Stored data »

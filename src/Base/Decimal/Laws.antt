-- ===== src/Base/Decimal/Laws.antt =====
-- A printed number is read back, by `parse` and as a stored number.
use Prim.Native.Nat.{ℕ, zero, suc, ◌+◌, ◌/◌, ◌%◌, ◌≤◌, ◌<◌}
use mathlib.Core.Path.{◌≡◌, refl, sym, ap, ◌∙◌}
use mathlib.Core.List.{[], ◌∷◌}
use mathlib.Core.Option.{some}
use mathlib.Core.Logic.{inl, inr}
use native.Mathlib.Omega.{arith}
use internal_ai_gateway.Base.Tests.{ltb, Bool-cases}
use internal_ai_gateway.Base.Texts.{Text}
use internal_ai_gateway.Base.Int.{ℤ, pos, negsuc, pos_part}
use internal_ai_gateway.Base.Decimal.{
  digits, to_string, parse_digits, parse_uint, value, negative, integer, int_to_string,
}

parse_digits-digits :
    (bound f n : ℕ) (acc : Text)
    → n < f
    → n ≤ bound
    → parse_digits bound 0 (digits f n acc) ≡ parse_digits bound n acc
unfolding digits parse_digits
parse_digits-digits bound zero n acc h le = elim h [ ]
parse_digits-digits bound (suc f) n acc h le =
    ground (arith, parse_digits-digits bound f (n / 10) ((b'0' + n % 10) ∷ acc))

value-digits : (f n : ℕ) (acc : Text) → n < f → value 0 (digits f n acc) ≡ value n acc
unfolding digits value
value-digits zero n acc h = elim h [ ]
value-digits (suc f) n acc h = ground (arith, value-digits f (n / 10) ((b'0' + n % 10) ∷ acc))

-- A printed number begins with a digit.
digits_head :
    (f n : ℕ) (acc : Text) → n < f → (c : ℕ) × (cs : Text) × (digits f n acc ≡ c ∷ cs) × (b'0' ≤ c)
unfolding digits
digits_head zero n acc h = elim h [ ]
digits_head (suc f) n acc h = elim (Bool-cases (ltb n 10)) [
  | inl small ↦ (b'0' + n, acc, rw small, omega arith)
  | inr more ↦ rw more (digits_head f (n / 10) ((b'0' + n % 10) ∷ acc) (ground arith))
]

-- A text that begins with a digit has no sign.
HasDigit : Text → Type 0
HasDigit t = (c : ℕ) × (cs : Text) × (t ≡ c ∷ cs) × (b'0' ≤ c)

parse_uint_digits :
    (bound c : ℕ) (cs : Text) → b'0' ≤ c → parse_uint bound (c ∷ cs) ≡ parse_digits bound 0 (c ∷ cs)
unfolding parse_uint
parse_uint_digits bound c [] h = refl
parse_uint_digits bound c (d ∷ cs) h = ground arith

parse_uint-HasDigit :
    (bound : ℕ) (t : Text) → HasDigit t → parse_uint bound t ≡ parse_digits bound 0 t
unfolding HasDigit
parse_uint-HasDigit bound t (c, cs, e, h) = rw e (parse_uint_digits bound c cs h)

integer_digits : (c : ℕ) (cs : Text) → b'0' ≤ c → integer (c ∷ cs) ≡ pos (value 0 (c ∷ cs))
unfolding integer
integer_digits c cs h = ground arith

integer-HasDigit : (t : Text) → HasDigit t → integer t ≡ pos (value 0 t)
unfolding HasDigit
integer-HasDigit t (c, cs, e, h) = rw e (integer_digits c cs h)

to_string-HasDigit : (n : ℕ) → HasDigit (to_string n)
unfolding HasDigit to_string
to_string-HasDigit n = digits_head (suc n) n [] (omega arith)

value-to_string : (n : ℕ) → value 0 (to_string n) ≡ n
unfolding to_string value
value-to_string n = value-digits (suc n) n [] (omega arith)

-- `parse` reads back what `to_string` prints, up to the type's largest value.
pub parse_uint-to_string : (bound n : ℕ) → n ≤ bound → parse_uint bound (to_string n) ≡ some n
unfolding to_string parse_digits
parse_uint-to_string bound n h =
    parse_uint-HasDigit bound (to_string n) (to_string-HasDigit n)
    ∙ parse_digits-digits bound (suc n) n [] (omega arith) h

pub integer-to_string : (n : ℕ) → integer (to_string n) ≡ pos n
integer-to_string n =
    integer-HasDigit (to_string n) (to_string-HasDigit n) ∙ ap pos (value-to_string n)

-- A stored integer is read back with its sign.
pub integer-int_to_string : (z : ℤ) → integer (int_to_string z) ≡ z
unfolding int_to_string integer
integer-int_to_string (pos n) = integer-to_string n
integer-int_to_string (negsuc n) = ap negative (value-to_string (suc n))

pub to_string-injective : (m n : ℕ) → to_string m ≡ to_string n → m ≡ n
to_string-injective m n e =
    ap pos_part (sym (integer-to_string m) ∙ ap integer e ∙ integer-to_string n)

WORK ITEM » For every line above that includes the word "with", return the line.

ANSWER BOX »
-- A printed number begins with a digit.
-- A text that begins with a digit has no sign.
-- A stored integer is read back with its sign.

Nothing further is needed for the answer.